──────── EXTRACTED DATA ────────
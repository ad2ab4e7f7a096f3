-- ===== src/Data/Collect.antt =====
-- src/threevn_data/threevn_data/collect.py: the recorder of labelled frames, up to its `main`. What
-- the simulator and ROS do in each turn is an argument; each use of them takes a turn.
pub mod Quiet
pub mod Frames
pub mod Tally
pub mod Session
pub mod Described
pub mod Placed
pub mod Episodes
pub mod Written
pub mod Loading
mod Samples
use Prim.Native.String.{◌++◌ as ◌<>◌}
use vn_robotics.Prelude.{
  ℕ, zero, suc, ◌*◌, ◌/◌, ◌%◌, ◌≡◌, Bool, true, false, ◌&&◌, String, Option, none, some, List, [],
  ◌∷◌, ◌++◌, length, if◌then◌else◌, ◌==◌, number_eq, ltb, is_some,
}
use vn_robotics.Py.Errors.{Result, ok, raise, value_error, cv_error}
use vn_robotics.Py.Exec.{Exec, pure, lift, gets, modify, ◌>>=◌}
use vn_robotics.Py.Json.{Number, Json}
use vn_robotics.Py.Text.{says_true, decimal, padded}
use vn_robotics.Data.Poses.{Pose, Angles, read_pose}
use vn_robotics.Data.Dataset.{Frame}
use vn_robotics.Data.Duplicates.{tally_one}

-- sensor_msgs/Image, without what the code does not read.
pub record Picture : Type 0 where
  pub height : ℕ
  pub width : ℕ
  pub bytes : List ℕ
  pub frame_id : String
  pub sec : ℕ
  pub nanosec : ℕ

-- sensor_msgs/CameraInfo: the matrix k has nine numbers.
pub record Info (F : Type 0) : Type 0 where
  pub k : ℕ → F
  pub info_width : ℕ
  pub info_height : ℕ

pub data Arrival (F : Type 0) : Type 0 where
  image_arrived : Picture → Arrival F
  info_arrived : Info F → Arrival F

-- What `cv2.imwrite` is given.
pub record Drawing : Type 0 where
  pub path : String
  pub rows_of : ℕ
  pub columns : ℕ
  pub pixels : List ℕ

pub record Collector (F : Type 0) : Type 0 where
  pub picture : Option Picture
  pub camera_info : Option (Info F)
  pub rows : List (Frame F)
  pub rejected : List (String × ℕ)
  pub reject_reason : String
  pub commands : List (F × F)
  -- The calls of `cv2.imwrite` that returned, with what they returned.
  pub drawings : List (Drawing × Bool)
  pub labels_file : Option String
  pub manifest_file : Option (Json F)
  pub turn : ℕ

pub record Simulation (F : Type 0) : Type 0 where
  pub angles : Angles F
  pub arrivals : ℕ → List (Arrival F)
  pub topic_text : ℕ → (topic : String) → Option String
  pub set_pose_text : ℕ → (service : String) → (x y z : F) → Option String
  pub transform : ℕ → (point : F × F × F) → (frame : String) → Option (F × F × F)
  -- Whether the file was written; nothing where it raises cv2.error, as on an empty image.
  pub imwrite : ℕ → Drawing → Option Bool
  pub rounds : ℕ → ℕ

-- DYNAMIC_TOPIC, STATIC_TOPIC and SET_POSE
abbrev pub dynamic_topic : String → String
dynamic_topic world = "/world/" <> (world <> "/dynamic_pose/info")

abbrev pub static_topic : String → String
static_topic world = "/world/" <> (world <> "/pose/info")

abbrev pub set_pose_service : String → String
set_pose_service world = "/world/" <> (world <> "/set_pose")

-- rgb[:, :, ::-1]
unfoldable pub bgr : List ℕ → List ℕ
bgr (r ∷ g ∷ b ∷ rest) = b ∷ g ∷ r ∷ bgr rest
bgr rest = rest

-- f'ep{episode:03d}_{index:04d}.png'
abbrev pub image_name : (episode index : ℕ) → String
image_name episode index = "ep" <> (padded 3 episode <> ("_" <> (padded 4 index <> ".png")))

-- np.frombuffer(msg.data).reshape(msg.height, msg.width, 3), which raises on another length
abbrev pub as_array : Picture → Result (List ℕ)
as_array msg =
    if length msg.bytes == msg.height * msg.width * 3 then ok msg.bytes else raise value_error

abbrev pub drawing_for : (episode index : ℕ) → Picture → List ℕ → Drawing
drawing_for episode index msg array = record {
  path = "images/" <> image_name episode index;
  rows_of = msg.height;
  columns = msg.width;
  pixels = bgr array;
}

module _ {F : Type 0} where
  abbrev pub receive : Arrival F → Collector F → Collector F
  receive (image_arrived m) s = record s { picture = some m }
  receive (info_arrived i) s = record s { camera_info = some i }

  unfoldable pub receive_all : List (Arrival F) → Collector F → Collector F
  receive_all [] s = s
  receive_all (a ∷ rest) s = receive_all rest (receive a s)

  -- A use of the surroundings, in its turn.
  abbrev pub ask : {A : Type 0} → (ℕ → A) → Exec (Collector F) A
  ask f s = (ok (f s.turn), record s { turn = suc s.turn })

  abbrev pub fresh_collector : Collector F
  fresh_collector = record {
    picture = none;
    camera_info = none;
    rows = [];
    rejected = [];
    reject_reason = "unknown";
    commands = [];
    drawings = [];
    labels_file = none;
    manifest_file = none;
    turn = 0;
  }

  abbrev pub refuse : String → Exec (Collector F) Bool
  refuse reason s = (ok false, record s { reject_reason = reason })

  abbrev pub camera_ready : Collector F → Bool
  camera_ready s = is_some s.picture && is_some s.camera_info

  -- self.rejected[self._reject_reason] += 1
  abbrev pub note_rejected : Collector F → Collector F
  note_rejected s = record s { rejected = tally_one s.reject_reason s.rejected }

  -- kept, after a frame
  abbrev pub count_frame : (kept : ℕ) → Bool → Exec (Collector F) ℕ
  count_frame kept true s = (ok (suc kept), s)
  count_frame kept false s = (ok kept, note_rejected s)

-- place_target, of an answer
abbrev pub accepted : Option String → Bool
accepted none = false
accepted (some out) = says_true out

module _ {F : Type 0} ⦃n : Number F⦄ where
  abbrev pub stamp_of : Picture → F
  stamp_of msg = n.add (n.literal msg.sec 0) (n.mul (n.literal msg.nanosec 0) (n.literal 1 9))

  abbrev pub row_for : (episode index : ℕ) → Picture → F × F × F → Frame F
  row_for episode index msg (x, y, z) = record {
    image = "images/" <> image_name episode index;
    episode = episode;
    index = index;
    label = x ∷ y ∷ z ∷ [];
    stamp = stamp_of msg;
  }

  -- The row is added whatever `cv2.imwrite` has returned, unless it has raised.
  abbrev pub keep_written :
      (episode index : ℕ) → Picture → F × F × F → Drawing → Option Bool → Exec (Collector F) Bool
  keep_written episode index msg label drawing none s = (raise cv_error, s)
  keep_written episode index msg label drawing (some written) s = (
    ok true,
    record s {
      drawings = s.drawings ++ (drawing, written) ∷ [];
      rows = s.rows ++ row_for episode index msg label ∷ [];
    },
  )

  abbrev pub keep_frame :
      (write : ℕ → Drawing → Option Bool) (episode index : ℕ)
      → Picture
      → F × F × F
      → List ℕ
      → Exec (Collector F) Bool
  keep_frame write episode index msg label array =
      let drawing = drawing_for episode index msg array in
      ask (λ turn. write turn drawing) >>= keep_written episode index msg label drawing

  abbrev pub keep_label :
      (write : ℕ → Drawing → Option Bool) (episode index : ℕ)
      → Picture
      → Option (F × F × F)
      → Exec (Collector F) Bool
  keep_label write episode index msg none = refuse "no ground truth or TF"
  keep_label write episode index msg (some label) =
      if n.le label.2 (n.literal 0 0)
      then refuse "target behind the camera"
      else lift (as_array msg) >>= keep_frame write episode index msg label

module _ {F : Type 0} ⦃n : Number F⦄ (sim : Simulation F) (world : String) where
  open sim use {angles, arrivals, topic_text, set_pose_text, transform, imwrite, rounds}

  -- What arrives while the node spins.
  unfoldable pub spin : Exec (Collector F) Unit
  unfolding receive_all
  spin s = (ok tt, record (receive_all (arrivals s.turn) s) { turn = suc s.turn })

  -- The loop of wait_ready, whose rounds the clock gives.
  unfoldable pub wait_rounds : ℕ → Exec (Collector F) Bool
  unfolding spin
  wait_rounds zero s = (ok false, s)
  wait_rounds (suc k) s =
      let s' = (spin s).1 in
      let rest = wait_rounds k s' in if camera_ready s' then (ok true, s') else rest

  unfoldable pub wait_ready : Exec (Collector F) Bool
  wait_ready s = wait_rounds (rounds s.turn) s

  -- self.cmd.publish(msg) and a spin, a number of times
  unfoldable pub publish_times : ℕ → F × F → Exec (Collector F) Unit
  publish_times zero command s = (ok tt, s)
  publish_times (suc k) command s =
      publish_times k command (spin (record s { commands = s.commands ++ command ∷ [] })).1

  unfoldable pub drive : (linear angular : F) → Exec (Collector F) Unit
  drive linear angular = gets (λ s. rounds s.turn) >>= λ k.
      publish_times k (linear, angular) >>= λ _.
      publish_times 10 (n.literal 0 0, n.literal 0 0) >>= λ _. spin

  unfoldable pub robot_pose : Exec (Collector F) (Option (Pose F))
  robot_pose = ask (λ turn. topic_text turn (dynamic_topic world)) >>= λ out.
      lift (read_pose angles out "threevn_mm")

  unfoldable pub target_pose : Exec (Collector F) (Option (Pose F))
  target_pose = ask (λ turn. topic_text turn (static_topic world)) >>= λ out.
      lift (read_pose angles out "target_cube")

  -- -a
  abbrev negate : F → F
  negate a = n.sub (n.literal 0 0) a

  -- The target in the frame of the robot's base.
  abbrev pub in_base : (robot target : Pose F) → F × F × F
  in_base robot target =
      let dx = n.sub target.x robot.x in
      let dy = n.sub target.y robot.y in
      let c = angles.cos (negate robot.yaw) in
      let s = angles.sin (negate robot.yaw) in
      (n.sub (n.mul dx c) (n.mul dy s), n.add (n.mul dx s) (n.mul dy c), target.z)

  abbrev pub locate :
      (frame : String) → Option (Pose F) → Option (Pose F) → Exec (Collector F) (Option (F × F × F))
  locate frame (some robot) (some target) =
      ask (λ turn. transform turn (in_base robot target) frame)
  locate frame _ _ = pure none

  unfoldable pub label_now : (frame : String) → Exec (Collector F) (Option (F × F × F))
  label_now frame = robot_pose >>= λ robot. target_pose >>= λ target. locate frame robot target

  abbrev pub capture_from : (episode index : ℕ) → Option Picture → Exec (Collector F) Bool
  capture_from episode index none = refuse "no image"
  capture_from episode index (some msg) =
      label_now msg.frame_id >>= keep_label imwrite episode index msg

  unfoldable pub capture : (episode index : ℕ) → Exec (Collector F) Bool
  unfolding label_now bgr
  capture episode index = gets (λ s. s.picture) >>= capture_from episode index

  -- if index: self.drive(...)
  abbrev pub move_on : ℕ → (linear angular : F) → Exec (Collector F) Unit
  move_on zero linear angular = pure tt
  move_on (suc index) linear angular = drive linear angular

  -- The loop of record_episode, from an index on.
  unfoldable pub shoot :
      (episode : ℕ) (linear angular : F) (index left kept : ℕ) → Exec (Collector F) ℕ
  shoot episode linear angular index zero kept = pure kept
  shoot episode linear angular index (suc left) kept = move_on index linear angular >>= λ _.
      capture episode index >>= λ taken.
      count_frame kept taken >>= λ kept'. shoot episode linear angular (suc index) left kept'

  unfoldable pub record_episode :
      (episode : ℕ) (linear angular : F) (frames : ℕ) → Exec (Collector F) ℕ
  record_episode episode linear angular frames =
      spin >>= λ _. shoot episode linear angular 0 frames 0

  abbrev pub settle_if : Bool → Exec (Collector F) Bool
  settle_if false = pure false
  settle_if true = spin >>= λ _. pure true

  unfoldable pub place_target : (x y : F) → Exec (Collector F) Bool
  place_target x y =
      ask (λ turn. set_pose_text turn (set_pose_service world) x y (n.literal 25 3)) >>= λ out.
      pure (accepted out)

  abbrev pub place_from : (forward lateral : F) → Option (Pose F) → Exec (Collector F) Bool
  place_from forward lateral none = pure false
  place_from forward lateral (some robot) =
      let c = angles.cos robot.yaw in
      let s = angles.sin robot.yaw in
      place_target (n.sub (n.add robot.x (n.mul forward c)) (n.mul lateral s))
        (n.add (n.add robot.y (n.mul forward s)) (n.mul lateral c))
      >>= settle_if

  unfoldable pub place_target_ahead : (forward lateral : F) → Exec (Collector F) Bool
  place_target_ahead forward lateral = robot_pose >>= place_from forward lateral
────────
- [THE TASK]
Give back exactly the lines above, from the line containing "move_on zero linear angular = pure tt" through the line containing "place_target (n.sub (n.add", with both end lines and nothing more.

- [ANSWER TO THE EXERCISE]
  move_on zero linear angular = pure tt
  move_on (suc index) linear angular = drive linear angular

  -- The loop of record_episode, from an index on.
  unfoldable pub shoot :
      (episode : ℕ) (linear angular : F) (index left kept : ℕ) → Exec (Collector F) ℕ
  shoot episode linear angular index zero kept = pure kept
  shoot episode linear angular index (suc left) kept = move_on index linear angular >>= λ _.
      capture episode index >>= λ taken.
      count_frame kept taken >>= λ kept'. shoot episode linear angular (suc index) left kept'

  unfoldable pub record_episode :
      (episode : ℕ) (linear angular : F) (frames : ℕ) → Exec (Collector F) ℕ
  record_episode episode linear angular frames =
      spin >>= λ _. shoot episode linear angular 0 frames 0

  abbrev pub settle_if : Bool → Exec (Collector F) Bool
  settle_if false = pure false
  settle_if true = spin >>= λ _. pure true

  unfoldable pub place_target : (x y : F) → Exec (Collector F) Bool
  place_target x y =
      ask (λ turn. set_pose_text turn (set_pose_service world) x y (n.literal 25 3)) >>= λ out.
      pure (accepted out)

  abbrev pub place_from : (forward lateral : F) → Option (Pose F) → Exec (Collector F) Bool
  place_from forward lateral none = pure false
  place_from forward lateral (some robot) =
      let c = angles.cos robot.yaw in
      let s = angles.sin robot.yaw in
      place_target (n.sub (n.add robot.x (n.mul forward c)) (n.mul lateral s))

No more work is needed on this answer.